Circa un terzo di giovani vorrebbe rimanere nel proprio territorio, ma chiede supporto per garantire il futuro

Ma cosa chiede quel 30% degli intervistati che vorrebbe restare se ne avesse l’opportunità?
«Non chiedono la Luna!Tra i giovani intervistati, dicevo, ci sono anche coloro che esprimono insieme la speranza di restare e la consapevolezza delle difficoltà che il desiderio di vita autonoma può incontrare nei territori marginalizzati. Li abbiamo chiamati i restanti potenziali, quelli che resterebbero a condizione di trovare in loco le risorse in grado di supportare il loro futuro, e anche quelli più disponibili a ridefinire i propri obiettivi in ragione delle possibilità che si presentano. Si tratta di giovani che andrebbero sostenuti con interventi mirati, per assicurare loro la possibilità di lavorare, di accedere ai servizi essenziali e di continuare a partecipare alla vita di piazza dei loro paesi».

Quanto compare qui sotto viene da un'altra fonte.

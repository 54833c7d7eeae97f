-- ===== src/Proxy.antt =====
-- src/http_proxy.c: which proxy a target goes through, and how its address is written.
-- mongoose, the process environment and the configuration are the record `Environment`.
pub mod Credentials
pub mod Base64
pub mod Socks
pub mod Bypass
pub mod Resolve
use mathlib.Core.Option.{get_or}
use avar.Base.{
  Bool, List, Option, [], false, if◌then◌else◌, ltb, none, not, some, true, ℕ, ◌%◌, ◌&&◌, ◌++◌,
  ◌==◌, ◌^◌, ◌||◌, ◌∷◌,
}
use avar.CString.{Text, lit, str_eq, has_prefix, str_str, decimal, is_some, str_case_eq, str_to_ul}

pub record Environment : Type 0 where
  -- `mg_url_host`, `mg_url_port`, and `mg_url_encode` with its buffer of 512 bytes (`none` where it
  -- returns 0).
  pub url_host : Text → Text
  pub url_port : Text → ℕ
  pub url_encode : Text → Option Text
  pub getenv : Text → Option Text
  -- `get_config_or_default(key, NULL)`
  pub get_config : Text → Option Text

pub data ProxyKind : Type 0 where
  kind_none http https socks5 : ProxyKind

unfoldable pub proxy_kind_from_url : Option Text → ProxyKind
proxy_kind_from_url none = kind_none
proxy_kind_from_url (some []) = kind_none
proxy_kind_from_url (some (c ∷ cs)) =
    let url = c ∷ cs in
    if has_prefix url (lit "socks5://") || has_prefix url (lit "socks5h://")
    then socks5
    else if has_prefix url (lit "https://") || has_prefix url (lit "HTTPS://")
    then https
    else if has_prefix url (lit "http://") || has_prefix url (lit "HTTP://")
    then http
    else http

unfoldable pub proxy_normalize_url : Option Text → Option Text
proxy_normalize_url none = none
proxy_normalize_url (some []) = none
proxy_normalize_url (some (c ∷ cs)) =
    if is_some (str_str (c ∷ cs) (lit "://"))
    then some (c ∷ cs)
    else some (lit "http://" ++ (c ∷ cs))

unfoldable pub proxy_target_is_https : Text → Bool
proxy_target_is_https url = has_prefix url (lit "https://") || has_prefix url (lit "HTTPS://")

unfoldable pub proxy_uses_http_forward : Text → Text → Bool
unfolding proxy_kind_from_url proxy_target_is_https
proxy_uses_http_forward proxy_url target_url = elim (proxy_kind_from_url (some proxy_url)) [
  | socks5 ↦ false
  | _ ↦ not (proxy_target_is_https target_url)
]

abbrev pub is_empty : Text → Bool
is_empty [] = true
is_empty (c ∷ cs) = false

-- The first variable of the list that is set to a text that is not empty.
unfoldable pub env_get_any : (Text → Option Text) → List Text → Option Text
env_get_any getenv [] = none
env_get_any getenv (name ∷ names) =
    let rest = env_get_any getenv names in
    elim (getenv name) [ none ↦ rest | some value ↦ if is_empty value then rest else some value ]

-- `user:pass@`, `user@` or nothing.
abbrev pub authority_prefix : Option Text → Option Text → Text
authority_prefix none pass = []
authority_prefix (some user) none = user ++ b'@' ∷ []
authority_prefix (some user) (some pass) = user ++ (b':' ∷ (pass ++ b'@' ∷ []))

abbrev pub scheme_of : Option Text → Text
scheme_of none = lit "http"
scheme_of (some []) = lit "http"
scheme_of (some (c ∷ cs)) = c ∷ cs

-- `(unsigned)strtoul(port_str, NULL, 10)`, 0 for NULL.
abbrev pub config_port : Option Text → ℕ
config_port none = 0
config_port (some text) = elim (str_to_ul text) [ none ↦ 0 | some (value, _) ↦ value % 2 ^ 32 ]

module _ (env : Environment) where
  -- `scheme://host:port` with the default port where the URL names none.
  abbrev pub connect_to : Text → Text → Text → Option Text
  connect_to scheme default_port proxy_url =
      let host = env.url_host proxy_url in
      let port = env.url_port proxy_url in
      if is_empty host
      then none
      else some (scheme ++ host ++ (b':' ∷ (if port == 0 then default_port else decimal port)))

  unfoldable pub proxy_connect_url : Option Text → Option Text
  proxy_connect_url none = none
  proxy_connect_url (some []) = none
  proxy_connect_url (some (c ∷ cs)) =
      let url = c ∷ cs in
      elim (proxy_kind_from_url (some url)) [
        | socks5 ↦ connect_to (lit "tcp://") (lit "1080") url
        | https ↦ some url
        | _ ↦ connect_to (lit "http://") (lit "8080") url
      ]

  unfoldable pub url_encode_credentials : Option Text → Option Text
  url_encode_credentials none = none
  url_encode_credentials (some []) = none
  url_encode_credentials (some (c ∷ cs)) = elim (env.url_encode (c ∷ cs)) [
    | none ↦ some (c ∷ cs)
    | some encoded ↦ some encoded
  ]

  unfoldable pub proxy_build_url : Option Text → Text → ℕ → Option Text → Option Text → Option Text
  unfolding url_encode_credentials
  proxy_build_url type host port username password =
      if is_empty host || port == 0
      then none
      else some (
          scheme_of type
          ++ (lit "://"
              ++ (authority_prefix (url_encode_credentials username)
                    (url_encode_credentials password)
                  ++ (host ++ (b':' ∷ decimal port)))))

  -- `parse_config_bool_local`
  unfoldable pub parse_config_bool_local : Text → Bool → Bool
  parse_config_bool_local key default_value = elim (env.get_config key) [
    | none ↦ default_value
    | some value ↦
        str_eq value (lit "1") || str_case_eq value (lit "true") || str_case_eq value (lit "yes")
  ]

  unfoldable pub proxy_get_no_proxy_list : Option Text
  proxy_get_no_proxy_list = elim (env_get_any env.getenv (lit "NO_PROXY" ∷ lit "no_proxy" ∷ [])) [
    | some value ↦ some value
    | none ↦ env.get_config (lit "dm.proxy.noProxy")
  ]

  unfoldable pub proxy_load_from_environment : Text → Option Text
  proxy_load_from_environment target_url =
      let plain = lit "HTTP_PROXY" ∷ lit "http_proxy" ∷ lit "ALL_PROXY" ∷ lit "all_proxy" ∷ [] in
      let names =
        if proxy_target_is_https target_url
        then lit "HTTPS_PROXY" ∷ lit "https_proxy" ∷ plain
        else plain in
      elim (env_get_any env.getenv names) [
        | none ↦ none
        | some value ↦ proxy_normalize_url (some value)
      ]

  unfoldable pub proxy_load_global_url : Option Text
  unfolding proxy_build_url
  proxy_load_global_url =
      let type = get_or (env.get_config (lit "dm.proxy.type")) (lit "http") in
      let port = config_port (env.get_config (lit "dm.proxy.port")) in
      if parse_config_bool_local (lit "dm.proxy.enabled") false
      then elim (env.get_config (lit "dm.proxy.host")) [
        | none ↦ none
        | some host ↦
            if not (is_empty host) && ltb 0 port
            then proxy_build_url (some type) host port (env.get_config (lit "dm.proxy.username"))
                (env.get_config (lit "dm.proxy.password"))
            else none
      ]
      else none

Sempre più attività chiudono soprattutto nei piccoli paesi, rendendo difficile la permanenza

Diminuzione dei servizi, riduzione delle attività produttive, spopolamento, queste zone sembrano andare spedite verso la desertificazione. Si è raggiunto un punto di non ritorno o ritiene che ci sia ancora speranza nel riscatto?
«Difficile dare una sola risposta per tutti i piccoli e piccolissimi paesi delle aree interne calabresi. Le previsioni statistiche ci restituiscono un quadro di rapidissimo declino demografico, dovuto soprattutto allo squilibrio tra nascite e decessi. Per alcuni di questi comuni l’arrivo dell’anno “zero popolazione” è prossimo, per altri è un po’ più distante, e per pochissime realtà si vedono timidi segni di tenuta grazie alla scelta di accogliere famiglie e giovani stranieri. Bisogna, però, sottolineare che il declino demografico delle aree interne non è un destino, può essere contrastato, così come la rarefazione della popolazione che oggi le caratterizza non deve necessariamente corrispondere a una peggiore qualità della vita».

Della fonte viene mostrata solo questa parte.